USF Develops AI-Powered Smart Mosquito Trap for Disease Detection.

Farhat Azam of the University of South Florida, alongside a faculty-led research team, has developed an artificial intelligence-enabled smart mosquito trap designed for species-specific identification of disease vectors. The device operates by luring mosquitoes to a capture surface, whereupon a digital image is acquired and transmitted to a cloud-based analytical platform. Employing artificial intelligence algorithms, the system classifies captured specimens, distinguishing between species with a particular focus on identifying the 2. 5% of mosquito species known to act as vectors for 78 human pathogens, including those responsible for diseases such as malaria, West Nile virus, Zika virus, yellow fever, and dengue. Successful identification triggers automated alerts to both the trap operator and relevant public health authorities, facilitating targeted surveillance and intervention strategies; Azamalgamating Azam’s masters research completed in 2023 with ongoing doctoral studies in computer science at USF.

Personal Motivation

Farhat Azam’s impetus for developing an artificial intelligence-enabled smart mosquito trap stems directly from a personal encounter with the debilitating effects of dengue fever. In 2019, during a particularly virulent outbreak in Southeast Asia – which recorded a peak of 658,000 cases, representing the highest incidence on record – both of Azam’s parents contracted the disease. While Azam herself was infected, her comparatively younger age conferred a degree of immunological resilience, mitigating the severity of her symptoms; her parents, however, experienced a life-threatening illness, profoundly influencing her academic trajectory. This experience catalysed a shift towards utilising computational expertise to address public health challenges associated with vector-borne diseases.

Azam subsequently enrolled at the University of South Florida (USF), completing a Master’s degree in Computer Science in 2023 and is currently pursuing doctoral studies in the same discipline, commencing her research affiliation with the university in 2021. Her academic focus has centred on the application of machine learning and computer vision techniques to improve disease surveillance and control. The development of the smart mosquito trap is a direct outcome of this research, undertaken in collaboration with a faculty-led team at USF, leveraging expertise in entomology, engineering, and data science. This collaborative approach is crucial, given the multidisciplinary nature of the problem and the need for accurate species identification.

The core innovation lies in the device’s ability to discriminate between mosquito species, a critical factor in effective mosquito disease identification and targeted intervention strategies. While approximately 3,500 mosquito species exist globally, only 2. 5% are known vectors for the 78 pathogens capable of causing human disease. The trap operates by employing attractants to lure mosquitoes onto a sticky surface, where a high-resolution camera captures an image of the captured insect. This image is then transmitted to a cloud-based server where sophisticated artificial intelligence algorithms, trained on extensive datasets of mosquito morphology, analyse the visual characteristics to determine the species with a high degree of accuracy.

Upon identification of a disease-carrying species, the system triggers an alert, notifying both the trap owner and relevant local public health authorities.

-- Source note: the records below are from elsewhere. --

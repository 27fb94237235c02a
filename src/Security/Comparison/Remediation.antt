-- ===== src/Security/Comparison/Remediation.antt =====
-- What a comparison of two audits confirms, for app/services/audit_comparison.py.
use net_ops_guard.Prelude.{
  Option, none, some, Bool, not, ◌||◌, List, [], ◌∷◌, map, select, sort_by, insert_by, ◌≡◌, ◌≢◌,
  refl, arith, All, All-select_of, Bool-cases, Option-cases, inl, inr,
}
use mathlib.Core.Path.{subst}
use net_ops_guard.Prelude.Result.{ok, err, Result-cases}
use net_ops_guard.Security.Assessments.{
  Observation, pass, fail, AuditFinding, FindingKey, finding_key, same_key, Assessment, Evidence,
  Problem, problem, incompatibility,
}
use net_ops_guard.Security.Assessments.Sound.{
  IsSound, IsComparable, problem-IsSound, incompatibility-IsComparable,
}
use net_ops_guard.Security.Comparison.{
  Category, indeterminate, resolved, persistent, regression, Item, judge, judge_sound, several,
  single, named, grouped, validate_pair, item_of, kept, compare_items, compare, score_comparison,
  comparable_score, incompatible, Delta, all_keys,
}

-- The two verdicts that a category asserts.
abbrev pub asserted : Category → Option (Observation × Observation)
asserted resolved = some (fail, pass)
asserted persistent = some (fail, fail)
asserted regression = some (pass, fail)
asserted _ = none

-- Nothing is asserted without a status on both sides.
sound-none :
    (common : Option Problem) (previous current : List AuditFinding) (b : Option Observation)
    → asserted (judge_sound common previous current none b).0 ≡ none
unfolding judge_sound
sound-none common previous current b = ground arith

sound-no_current :
    (common : Option Problem) (previous current : List AuditFinding) (a : Option Observation)
    → asserted (judge_sound common previous current a none).0 ≡ none
unfolding judge_sound
sound-no_current common previous current a = ground arith

sound-asserted :
    (common : Option Problem) (previous current : List AuditFinding) (a b : Observation)
    (s : Observation × Observation)
    → asserted (judge_sound common previous current (some a) (some b)).0 ≡ some s
    → (a ≡ s.0) × (b ≡ s.1) × (common ≡ none)
unfolding judge_sound
sound-asserted common previous current a b s h = ground (arith, h)

-- What `judge` asserts, the chain of tests asserts.
judge_opened :
    (common : Option Problem) (key : FindingKey) (previous current : List AuditFinding)
    (s : Observation × Observation)
    → asserted (judge common none key previous current).0 ≡ some s
    → asserted (judge_sound common previous current (single previous) (single current)).0 ≡ some s
unfolding judge
judge_opened common key previous current s h =
    elim (Bool-cases (several previous || (several current || not (named key)))) [
      | inl yes' ↦ absurd (cc (rw yes' at h))
      | inr no' ↦ rw no' at h
    ]

none-some :
    {o : Option (Observation × Observation)} {s : Observation × Observation}
    → o ≡ none
    → o ≡ some s
    → ⊥
none-some e h = cc

judge-asserted :
    (common new_problem : Option Problem) (key : FindingKey) (previous current : List AuditFinding)
    (s : Observation × Observation)
    → asserted (judge common new_problem key previous current).0 ≡ some s
    → (f : AuditFinding) × (g : AuditFinding) × (previous ≡ f ∷ [])
      × (current ≡ g ∷ [])
      × (f.status ≡ s.0)
      × (g.status ≡ s.1)
      × (common ≡ none)
unfolding judge judge_sound
judge-asserted common (some p) key previous current s h = ground (arith, h)
judge-asserted common none key (f ∷ []) (g ∷ []) s h =
    let (first, second, sound) =
      sound-asserted common (f ∷ []) (g ∷ []) f.status g.status s
        (judge_opened common key (f ∷ []) (g ∷ []) s h) in
    (f, g, refl, refl, first, second, sound)
judge-asserted common none key [] current s h = absurd (
    none-some (sound-none common [] current (single current))
      (judge_opened common key [] current s h))
judge-asserted common none key (f ∷ g ∷ fs) current s h = ground (arith, h)
judge-asserted common none key (f ∷ []) [] s h = absurd (
    none-some (sound-no_current common (f ∷ []) [] (single (f ∷ [])))
      (judge_opened common key (f ∷ []) [] s h))
judge-asserted common none key (f ∷ []) (g ∷ g' ∷ gs) s h = ground (arith, h)

module _ {ℓ} {A : Type ℓ} (le : A → A → Bool) where
  insert_by-not_nil : (x : A) (ys : List A) → insert_by le x ys ≢ []
  unfolding insert_by
  insert_by-not_nil x [] e = absurd (cc e)
  insert_by-not_nil x (y ∷ ys) e = elim (Bool-cases (le x y)) [
    | inl first ↦ absurd (cc (rw first at e))
    | inr later ↦ absurd (cc (rw later at e))
  ]

  insert_by-lone : (x f : A) (ys : List A) → insert_by le x ys ≡ f ∷ [] → x ∷ ys ≡ f ∷ []
  unfolding insert_by
  insert_by-lone x f [] e = e
  insert_by-lone x f (y ∷ ys) e = elim (Bool-cases (le x y)) [
    | inl first ↦ rw first at e
    | inr later ↦
        let later' : y ∷ insert_by le x ys ≡ f ∷ [] = rw later at e in
        absurd (insert_by-not_nil x ys (cc later'))
  ]

  -- A list that is sorted into one element is that element.
  sort_by-lone : (xs : List A) (f : A) → sort_by le xs ≡ f ∷ [] → xs ≡ f ∷ []
  unfolding sort_by
  sort_by-lone [] f e = e
  sort_by-lone (x ∷ []) f e = insert_by-lone x f [] e
  sort_by-lone (x ∷ y ∷ ys) f e =
      let two : x ∷ sort_by le (y ∷ ys) ≡ f ∷ [] = insert_by-lone x f (sort_by le (y ∷ ys)) e in
      absurd (insert_by-not_nil y (sort_by le ys) (cc two))

module _ (evidence : Evidence) (key_le : FindingKey → FindingKey → Bool)
    (id_le : AuditFinding → AuditFinding → Bool) (old new : Assessment) where
  -- The findings of an audit for a control.
  abbrev pub findings_of : FindingKey → Assessment → List AuditFinding
  findings_of key a = select (λ x. same_key (finding_key x) key) a.findings

  -- An item whose category asserts two verdicts has exactly one finding in each of two comparable
  -- audits, with these verdicts.
  abbrev pub IsConfirmed : Item → Type 0
  IsConfirmed i =
      (s : Observation × Observation)
      → asserted i.category ≡ some s
      → (f : AuditFinding) × (g : AuditFinding) × (findings_of i.key old ≡ f ∷ [])
        × (findings_of i.key new ≡ g ∷ [])
        × (f.status ≡ s.0)
        × (g.status ≡ s.1)
        × IsComparable evidence old new

  items-IsConfirmed :
      (keys : List FindingKey) → All IsConfirmed (map (item_of evidence key_le id_le old new) keys)
  unfolding item_of grouped
  items-IsConfirmed [] = tt
  items-IsConfirmed (k ∷ ks) = (
    λ s h.
        let (f, g, first, second, old_status, new_status, sound) =
          judge-asserted (incompatibility evidence old new) (problem evidence new) k
            (grouped evidence key_le id_le old k) (grouped evidence key_le id_le new k) s h in
        (
          f,
          g,
          sort_by-lone id_le (findings_of k old) f first,
          sort_by-lone id_le (findings_of k new) g second,
          old_status,
          new_status,
          incompatibility-IsComparable evidence old new sound,
        ),
    items-IsConfirmed ks,
  )

  -- What a comparison that returns returns.
  pub compare_opened :
      (items : List Item)
      → compare evidence key_le id_le old new ≡ ok items
      → compare_items evidence key_le id_le old new ≡ items
  unfolding compare
  compare_opened items h = elim (Result-cases (validate_pair evidence key_le id_le old new)) [
    | inl (e, refused) ↦ absurd (cc (rw refused at h))
    | inr (u, valid) ↦ cc (rw valid at h)
  ]

  -- Every item of a comparison that reports a control as resolved, persistent or as a regression
  -- is confirmed: both audits completed, with complete coverage, known statuses, and a configuration
  -- and findings of the hashes that they record; their manifests have the same engine, policy and
  -- scope; and each has exactly one finding for the control, with the two verdicts that the category
  -- asserts (fail and pass, fail twice, pass and fail).
  pub compare-IsConfirmed :
      (items : List Item) → compare evidence key_le id_le old new ≡ ok items → All IsConfirmed items
  unfolding compare_items
  compare-IsConfirmed items h =
      let keys = all_keys evidence key_le id_le old new in
      subst (All IsConfirmed) (compare_opened items h) (
        All-select_of IsConfirmed (kept evidence key_le id_le)
          (map (item_of evidence key_le id_le old new) keys) (items-IsConfirmed keys))

  IsOpen : Item → Type 0
  IsOpen i = i.category ≡ indeterminate

  judge-IsOpen :
      (common : Option Problem) (p : Problem) (key : FindingKey)
      (previous current : List AuditFinding)
      → (judge common (some p) key previous current).0 ≡ indeterminate
  unfolding judge
  judge-IsOpen common p key previous current = ground arith

  items-IsOpen :
      (p : Problem) (keys : List FindingKey)
      → problem evidence new ≡ some p
      → All IsOpen (map (item_of evidence key_le id_le old new) keys)
  unfolding item_of IsOpen
  items-IsOpen p [] e = tt
  items-IsOpen p (k ∷ ks) e = (
    rw e (
        judge-IsOpen (incompatibility evidence old new) p k (grouped evidence key_le id_le old k)
          (grouped evidence key_le id_le new k)),
    items-IsOpen p ks e,
  )

  -- When the newer audit is not sound, every item of a comparison that returns is indeterminate. It is
  -- not sound if it did not complete, its manifest does not say that its coverage is complete, its
  -- configuration or findings do not have the hashes that the manifest records, or it has an unknown
  -- status.
  pub compare-indeterminate :
      (items : List Item)
      → ¬ IsSound evidence new
      → compare evidence key_le id_le old new ≡ ok items
      → All (λ i. i.category ≡ indeterminate) items
  unfolding compare_items IsOpen
  compare-indeterminate items unsound h =
      let keys = all_keys evidence key_le id_le old new in
      elim (Option-cases (problem evidence new)) [
        | inl none' ↦ absurd (unsound (problem-IsSound evidence new none'))
        | inr (p, some') ↦ subst (All IsOpen) (compare_opened items h) (
            All-select_of IsOpen (kept evidence key_le id_le)
              (map (item_of evidence key_le id_le old new) keys) (items-IsOpen p keys some'))
      ]

  comparable_score-refused :
      (p : Problem)
      → incompatibility evidence old new ≡ some p
      → comparable_score evidence key_le id_le old new ≡ err (incompatible p)
  unfolding comparable_score
  comparable_score-refused p e = rw (comparable_score, e) refl

  -- A difference of scores is given only for a valid pair of comparable audits; for a pair that is
  -- valid and not comparable the reason is given in its place.
  pub score_comparison-comparable :
      (d : Delta)
      → score_comparison evidence key_le id_le old new ≡ ok d
      → (validate_pair evidence key_le id_le old new ≡ ok tt)
        × (incompatibility evidence old new ≡ none)
  unfolding score_comparison
  score_comparison-comparable d h =
      elim (Result-cases (validate_pair evidence key_le id_le old new)) [
        | inl (e, refused) ↦ absurd (cc (rw (score_comparison, refused) at h))
        | inr (u, valid) ↦ elim (Option-cases (incompatibility evidence old new)) [
          | inl none' ↦ (valid, none')
          | inr (p, some') ↦
              absurd (cc (rw (score_comparison, valid) at h, comparable_score-refused p some'))
        ]
      ]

This real-time data transmission allows for rapid response and targeted interventions, such as localised spraying or increased surveillance, potentially mitigating outbreaks before they escalate. The system’s efficacy relies on the continuous refinement of the AI algorithms through ongoing data collection and validation, ensuring adaptability to regional variations in mosquito populations and the emergence of new vector species. This proactive approach represents a significant advancement over traditional mosquito surveillance methods, which are often labour-intensive and rely on manual identification.

Disease Detection

Farhat Azam, currently a doctoral student in computer science at the University of South Florida (USF), has been instrumental in developing an AI-enabled trap that rests upon a confluence of computer vision, machine learning, and cloud computing. Alongside a faculty team, Azam has engineered a system wherein a physical trap integrates with a sophisticated analytical pipeline. The trap itself employs attractants to lure mosquitoes, subsequently capturing them on a sticky substrate. A high-resolution camera, integrated within the trap housing, then captures images of the captured insects, initiating the digital analysis phase.

These features, encompassing morphological characteristics such as wing venation patterns, leg structures, and body shape, are then used to classify the insects as vectors for human pathogens; the precision of this classification is paramount. The cloud infrastructure provides the computational resources necessary for both the training and deployment of these complex AI models. Image data is uploaded from trap owners and local authorities, fostering a multidisciplinary approach to mosquito disease identification and control.